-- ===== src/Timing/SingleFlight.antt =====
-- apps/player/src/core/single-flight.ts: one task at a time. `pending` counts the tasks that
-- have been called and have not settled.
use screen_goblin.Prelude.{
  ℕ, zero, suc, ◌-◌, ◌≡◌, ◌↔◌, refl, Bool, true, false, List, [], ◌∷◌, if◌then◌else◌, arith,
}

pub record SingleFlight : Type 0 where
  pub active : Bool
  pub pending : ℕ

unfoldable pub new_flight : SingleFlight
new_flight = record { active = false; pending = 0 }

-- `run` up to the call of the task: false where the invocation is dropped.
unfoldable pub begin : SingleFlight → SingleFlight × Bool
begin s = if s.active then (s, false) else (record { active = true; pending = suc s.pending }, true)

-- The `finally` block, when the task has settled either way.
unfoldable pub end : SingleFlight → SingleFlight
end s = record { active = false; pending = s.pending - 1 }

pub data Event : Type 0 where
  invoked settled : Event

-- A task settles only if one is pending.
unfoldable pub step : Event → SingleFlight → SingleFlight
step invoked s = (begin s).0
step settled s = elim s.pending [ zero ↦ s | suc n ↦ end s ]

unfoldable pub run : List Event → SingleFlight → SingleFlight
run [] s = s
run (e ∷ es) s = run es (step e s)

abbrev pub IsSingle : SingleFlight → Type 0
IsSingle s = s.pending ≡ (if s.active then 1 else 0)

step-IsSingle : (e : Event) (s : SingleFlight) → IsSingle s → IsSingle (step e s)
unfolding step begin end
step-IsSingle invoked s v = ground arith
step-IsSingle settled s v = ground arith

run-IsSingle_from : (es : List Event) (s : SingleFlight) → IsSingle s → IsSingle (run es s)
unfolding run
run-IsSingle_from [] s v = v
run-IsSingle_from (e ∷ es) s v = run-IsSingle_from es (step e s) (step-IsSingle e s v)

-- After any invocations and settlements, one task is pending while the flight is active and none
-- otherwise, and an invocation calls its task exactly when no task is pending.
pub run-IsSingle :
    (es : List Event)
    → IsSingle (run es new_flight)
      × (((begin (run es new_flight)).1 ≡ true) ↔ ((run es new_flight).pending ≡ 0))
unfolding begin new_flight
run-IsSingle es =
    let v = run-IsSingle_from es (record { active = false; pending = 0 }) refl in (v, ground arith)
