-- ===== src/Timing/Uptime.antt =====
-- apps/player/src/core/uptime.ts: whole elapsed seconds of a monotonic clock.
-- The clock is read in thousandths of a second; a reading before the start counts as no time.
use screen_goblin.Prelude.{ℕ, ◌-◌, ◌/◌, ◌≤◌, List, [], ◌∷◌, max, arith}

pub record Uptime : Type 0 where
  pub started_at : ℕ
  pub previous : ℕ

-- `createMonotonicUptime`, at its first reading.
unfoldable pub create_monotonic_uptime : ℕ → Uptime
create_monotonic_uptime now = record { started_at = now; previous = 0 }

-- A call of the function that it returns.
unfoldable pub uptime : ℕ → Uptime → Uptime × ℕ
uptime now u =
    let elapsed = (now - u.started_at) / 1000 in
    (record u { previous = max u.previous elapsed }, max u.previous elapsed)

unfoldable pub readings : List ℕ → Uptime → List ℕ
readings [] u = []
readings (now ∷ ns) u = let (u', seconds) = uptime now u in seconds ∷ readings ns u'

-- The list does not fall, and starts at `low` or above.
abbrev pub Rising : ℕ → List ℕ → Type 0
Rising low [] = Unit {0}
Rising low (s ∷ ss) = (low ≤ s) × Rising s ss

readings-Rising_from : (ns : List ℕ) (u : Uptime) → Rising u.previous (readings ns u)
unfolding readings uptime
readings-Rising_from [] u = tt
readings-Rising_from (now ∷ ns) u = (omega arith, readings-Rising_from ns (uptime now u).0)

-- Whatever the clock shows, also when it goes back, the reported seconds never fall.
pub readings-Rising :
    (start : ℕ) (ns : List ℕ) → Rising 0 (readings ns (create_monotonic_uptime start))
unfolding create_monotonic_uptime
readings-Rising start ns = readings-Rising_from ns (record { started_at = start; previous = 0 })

|---|

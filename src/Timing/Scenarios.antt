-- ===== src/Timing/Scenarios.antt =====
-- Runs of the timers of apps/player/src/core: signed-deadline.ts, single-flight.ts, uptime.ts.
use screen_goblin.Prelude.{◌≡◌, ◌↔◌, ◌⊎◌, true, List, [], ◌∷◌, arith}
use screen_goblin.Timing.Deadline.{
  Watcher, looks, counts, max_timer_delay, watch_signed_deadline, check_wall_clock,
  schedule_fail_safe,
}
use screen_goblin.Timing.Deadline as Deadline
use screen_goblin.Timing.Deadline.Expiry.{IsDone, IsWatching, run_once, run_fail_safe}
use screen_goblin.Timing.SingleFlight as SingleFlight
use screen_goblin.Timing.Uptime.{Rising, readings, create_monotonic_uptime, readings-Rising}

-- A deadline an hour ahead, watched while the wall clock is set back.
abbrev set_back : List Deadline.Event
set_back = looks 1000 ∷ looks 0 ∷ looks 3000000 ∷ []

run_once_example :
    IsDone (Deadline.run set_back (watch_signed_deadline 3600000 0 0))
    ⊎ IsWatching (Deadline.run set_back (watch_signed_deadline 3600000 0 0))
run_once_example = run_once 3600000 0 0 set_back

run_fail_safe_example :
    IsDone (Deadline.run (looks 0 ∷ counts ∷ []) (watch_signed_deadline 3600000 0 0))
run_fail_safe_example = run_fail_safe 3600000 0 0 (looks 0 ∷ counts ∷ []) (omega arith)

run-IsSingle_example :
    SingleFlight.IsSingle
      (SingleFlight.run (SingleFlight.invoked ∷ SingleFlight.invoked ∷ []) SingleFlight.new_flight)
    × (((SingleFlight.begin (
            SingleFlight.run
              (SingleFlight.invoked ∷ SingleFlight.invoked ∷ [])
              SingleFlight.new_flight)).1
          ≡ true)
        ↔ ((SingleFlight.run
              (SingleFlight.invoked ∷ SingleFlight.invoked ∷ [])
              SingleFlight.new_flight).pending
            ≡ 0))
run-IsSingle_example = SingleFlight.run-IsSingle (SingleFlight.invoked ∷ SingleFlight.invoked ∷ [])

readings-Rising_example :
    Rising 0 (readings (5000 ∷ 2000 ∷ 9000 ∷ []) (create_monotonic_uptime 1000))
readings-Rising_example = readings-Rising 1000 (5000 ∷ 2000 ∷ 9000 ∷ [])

|---|

*PROBLEM STATEMENT*.
Repeat word for word the lines above that run from the line containing "pub pending : ℕ" through the line containing "run [] s = s", both ends included, and nothing else.

*RESPONSE BOX*.
  pub pending : ℕ

unfoldable pub new_flight : SingleFlight
new_flight = record { active = false; pending = 0 }

-- `run` up to the call of the task: false where the invocation is dropped.
unfoldable pub begin : SingleFlight → SingleFlight × Bool
begin s = if s.active then (s, false) else (record { active = true; pending = suc s.pending }, true)

-- The `finally` block, when the task has settled either way.
unfoldable pub end : SingleFlight → SingleFlight
end s = record { active = false; pending = s.pending - 1 }

pub data Event : Type 0 where
  invoked settled : Event

-- A task settles only if one is pending.
unfoldable pub step : Event → SingleFlight → SingleFlight
step invoked s = (begin s).0
step settled s = elim s.pending [ zero ↦ s | suc n ↦ end s ]

unfoldable pub run : List Event → SingleFlight → SingleFlight
run [] s = s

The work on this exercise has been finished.